Single by Bunny Walters
- B-side: "Quando Quando"
- Released: 1973
- Genre: Pop
- Label: Impact IR 1080
- Songwriters: Mitch Murray, P. Callander
- Producer: Bernie Allen

Bunny Walters singles chronology
| "Take The Money And Run" | "Home Isn't Home Anymore" | "Helena" |

= Home Isn't Home Anymore =

Home Isn't Home Anymore was a hit for Bunny Walters in 1973. It was his fourth top twenty single and followed "Take The Money And Run".

==Background==
Having three other charting singles with the first being "Just Out of Reach", followed by "Brandy", and "Take The Money And Run", this was his fourth top twenty single.
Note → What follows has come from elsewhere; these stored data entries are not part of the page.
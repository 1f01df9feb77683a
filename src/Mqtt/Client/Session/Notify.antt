-- ===== src/Mqtt/Client/Session/Notify.antt =====
-- core/aiot_mqtt_api.c: in which order a client hears of its connection.
use aliyun_iot_arm.Prelude.{
  ℕ, ◌<◌, ◌≡◌, refl, sym, ap, ◌∙◌, subst, inl, inr, Bool, true, false, not, ◌&&◌, List, [], ◌∷◌,
  ◌++◌, map, arith, ◌==◌, if◌then◌else◌, Bool-cases,
}
use aliyun_iot_arm.Mqtt.Client.State.{
  Handle, Event, EventType, connect, reconnect, network_disconnect, heartbeat_disconnect, notified,
  processed,
}
use aliyun_iot_arm.Mqtt.Client.Session.{event_notify, connect_event_notify, disconnect_event_notify}

-- What the client learns of its connection, in the order in which its functions report it.
pub data Notice : Type 0 where
  is_up lost missed : Notice

unfoldable pub notify : Notice → Handle → Handle × List Event
unfolding connect_event_notify disconnect_event_notify
notify is_up h = connect_event_notify h
notify lost h = disconnect_event_notify network_disconnect h
notify missed h = disconnect_event_notify heartbeat_disconnect h

unfoldable pub notify_all : List Notice → Handle → List Event
unfolding notify
notify_all [] h = []
notify_all (notice ∷ notices) h = (notify notice h).1 ++ notify_all notices (notify notice h).0

-- The events of the client's own handler.
unfoldable pub heard : List Event → List EventType
heard [] = []
heard (notified event_type ∷ events) = event_type ∷ heard events
heard (_ ∷ events) = heard events

-- An order of events from a state: whether there was a connection, and whether there is one.
abbrev pub InOrder : (has_connected up : Bool) → List EventType → Type 0
InOrder has up [] = Unit {0}
InOrder has up (connect ∷ events) = (has ≡ false) × InOrder true true events
InOrder has up (reconnect ∷ events) = (has ≡ true) × InOrder true true events
InOrder has up (network_disconnect ∷ events) = (has && up ≡ true) × InOrder true false events
InOrder has up (heartbeat_disconnect ∷ events) = (has && up ≡ true) × InOrder true false events

heard-append : (xs ys : List Event) → heard (xs ++ ys) ≡ heard xs ++ heard ys
unfolding heard
heard-append [] ys = refl
heard-append (notified e ∷ xs) ys = ap (◌∷◌ e) (heard-append xs ys)
heard-append (processed f e ∷ xs) ys = heard-append xs ys
heard-append (x ∷ xs) ys = heard-append xs ys

heard_processed :
    (event_type : EventType) (handlers : List ℕ)
    → heard (map (λ f. processed f event_type) handlers) ≡ []
unfolding heard
heard_processed event_type [] = refl
heard_processed event_type (f ∷ handlers) = heard_processed event_type handlers

heard-event_notify :
    (h : Handle) (event_type : EventType) (events : List Event)
    → 0 < h.event_handler
    → heard (event_notify h event_type ++ events) ≡ event_type ∷ heard events
unfolding heard
heard-event_notify h event_type events some_handler =
    let set : (h.event_handler == 0) ≡ false = ground arith in
    rw (set) (
      ap (◌∷◌ event_type) (
        heard-append (map (λ f. processed f event_type) h.process_data_list) events
        ∙ ap (λ front. front ++ heard events) (heard_processed event_type h.process_data_list)))

-- What a client is to hear, from the notices alone: of each connection, and of a loss where there is a
-- connection to lose.
abbrev pub expected : (has_connected up : Bool) → List Notice → List EventType
expected has up [] = []
expected true up (is_up ∷ notices) = reconnect ∷ expected true true notices
expected false up (is_up ∷ notices) = connect ∷ expected true true notices
expected true true (lost ∷ notices) = network_disconnect ∷ expected true false notices
expected true false (lost ∷ notices) = expected true false notices
expected false up (lost ∷ notices) = expected false up notices
expected true true (missed ∷ notices) = heartbeat_disconnect ∷ expected true false notices
expected true false (missed ∷ notices) = expected true false notices
expected false up (missed ∷ notices) = expected false up notices

expected-InOrder :
    (has up : Bool) (notices : List Notice) → InOrder has up (expected has up notices)
expected-InOrder has up [] = tt
expected-InOrder true up (is_up ∷ notices) = (refl, expected-InOrder true true notices)
expected-InOrder false up (is_up ∷ notices) = (refl, expected-InOrder true true notices)
expected-InOrder true true (lost ∷ notices) = (refl, expected-InOrder true false notices)
expected-InOrder true false (lost ∷ notices) = expected-InOrder true false notices
expected-InOrder false up (lost ∷ notices) = expected-InOrder false up notices
expected-InOrder true true (missed ∷ notices) = (refl, expected-InOrder true false notices)
expected-InOrder true false (missed ∷ notices) = expected-InOrder true false notices
expected-InOrder false up (missed ∷ notices) = expected-InOrder false up notices

expected_up :
    (has up : Bool) (notices : List Notice)
    → expected has up (is_up ∷ notices)
      ≡ (if has then reconnect else connect) ∷ expected true true notices
expected_up true up notices = refl
expected_up false up notices = refl

disconnect_first :
    (event_type : EventType) (h : Handle)
    → h.has_connected && not h.disconnected ≡ true
    → disconnect_event_notify event_type h
      ≡ (record h { disconnected = true }, event_notify h event_type)
unfolding disconnect_event_notify
disconnect_first event_type h up = ground arith

disconnect_again :
    (event_type : EventType) (h : Handle)
    → h.has_connected && not h.disconnected ≡ false
    → disconnect_event_notify event_type h ≡ (h, [])
unfolding disconnect_event_notify
disconnect_again event_type h down = ground arith

-- A loss is heard of while there is a connection, and at no other time.
heard_loss :
    (event_type : EventType) (h : Handle) (rest : Handle → List Event)
    → 0 < h.event_handler
    → heard
        ((disconnect_event_notify event_type h).1 ++ rest (disconnect_event_notify event_type h).0)
      ≡ (if h.has_connected && not h.disconnected
          then event_type ∷ heard (rest (record h { disconnected = true }))
          else heard (rest h))
heard_loss event_type h rest some_handler =
    elim (Bool-cases (h.has_connected && not h.disconnected)) [
      | inl up ↦
          ap (λ r. heard (r.1 ++ rest r.0)) (disconnect_first event_type h up)
          ∙ heard-event_notify h event_type (rest (record h { disconnected = true })) some_handler
          ∙ rw up refl
      | inr silent ↦
          ap (λ r. heard (r.1 ++ rest r.0)) (disconnect_again event_type h silent) ∙ rw silent refl
    ]

expected_lost :
    (has down : Bool) (notices : List Notice)
    → (if has && not down
        then network_disconnect ∷ expected has false notices
        else expected has (not down) notices)
      ≡ expected has (not down) (lost ∷ notices)
expected_lost true true notices = refl
expected_lost true false notices = refl
expected_lost false down notices = refl

expected_missed :
    (has down : Bool) (notices : List Notice)
    → (if has && not down
        then heartbeat_disconnect ∷ expected has false notices
        else expected has (not down) notices)
      ≡ expected has (not down) (missed ∷ notices)
expected_missed true true notices = refl
expected_missed true false notices = refl
expected_missed false down notices = refl

choice :
    (c : Bool) (event_type : EventType) (xs xs' ys ys' : List EventType)
    → xs ≡ xs'
    → ys ≡ ys'
    → (if c then event_type ∷ xs else ys) ≡ (if c then event_type ∷ xs' else ys')
choice c event_type xs xs' ys ys' e e' i = if c then event_type ∷ e i else e' i

heard-notify_all :
    (notices : List Notice) (h : Handle)
    → 0 < h.event_handler
    → heard (notify_all notices h) ≡ expected h.has_connected (not h.disconnected) notices
unfolding notify_all
heard-notify_all [] h some_handler = unfold heard in refl
heard-notify_all (is_up ∷ notices) h some_handler =
    let h' = (connect_event_notify h).0 in
    heard-event_notify h (if h.has_connected then reconnect else connect) (notify_all notices h')
      some_handler
    ∙ ap (◌∷◌ (if h.has_connected then reconnect else connect))
        (heard-notify_all notices h' some_handler)
    ∙ sym (expected_up h.has_connected (not h.disconnected) notices)
heard-notify_all (lost ∷ notices) h some_handler =
    heard_loss network_disconnect h (notify_all notices) some_handler
    ∙ choice (h.has_connected && not h.disconnected) network_disconnect _ _ _ _
        (heard-notify_all notices (record h { disconnected = true }) some_handler)
        (heard-notify_all notices h some_handler)
    ∙ expected_lost h.has_connected h.disconnected notices
heard-notify_all (missed ∷ notices) h some_handler =
    heard_loss heartbeat_disconnect h (notify_all notices) some_handler
    ∙ choice (h.has_connected && not h.disconnected) heartbeat_disconnect _ _ _ _
        (heard-notify_all notices (record h { disconnected = true }) some_handler)
        (heard-notify_all notices h some_handler)
    ∙ expected_missed h.has_connected h.disconnected notices

-- A client that has a handler for events hears exactly what it is to hear, whatever its functions report
-- and in their order: each connection, the first as `connect` and every later one as `reconnect`, and
-- each loss, with its cause, while there is a connection. So it hears in order: of a first connection
-- once, and never of two losses without a connection between them.
pub notify_all-InOrder :
    (notices : List Notice) (h : Handle)
    → 0 < h.event_handler
    → (heard (notify_all notices h) ≡ expected h.has_connected (not h.disconnected) notices)
      × InOrder h.has_connected (not h.disconnected) (heard (notify_all notices h))
notify_all-InOrder notices h some_handler =
    let heard_of = heard-notify_all notices h some_handler in
    (
      heard_of,
      subst (InOrder h.has_connected (not h.disconnected)) (sym heard_of)
          (expected-InOrder h.has_connected (not h.disconnected) notices),
    )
The song backed with "Quando Quando" was released on Impact IR 1080 in 1973. The recording was produced by Bernie Allen and featured The Yandall Sisters on backing vocals.

===Chart history===
On February 12, 1973, the single entered the New Zealand chart at no. 18. The final position of the song was no. 18.

==Earlier versions==
The song had been recorded previously by Heathmore (UK, 1969), Joe Harris (Belgium, 1969), Inga Sulin (Finland, 1969, as "Tyhjä koti"), Rex Gildo (Germany 1969 as "Komm Doch Zu Mir"), Alan Garrity (South Africa, 1972), and Joe Dolan (UK, 1972).

South African singer Alan Garrity's version reached number five in his home nation and number two in Rhodesia during early 1973.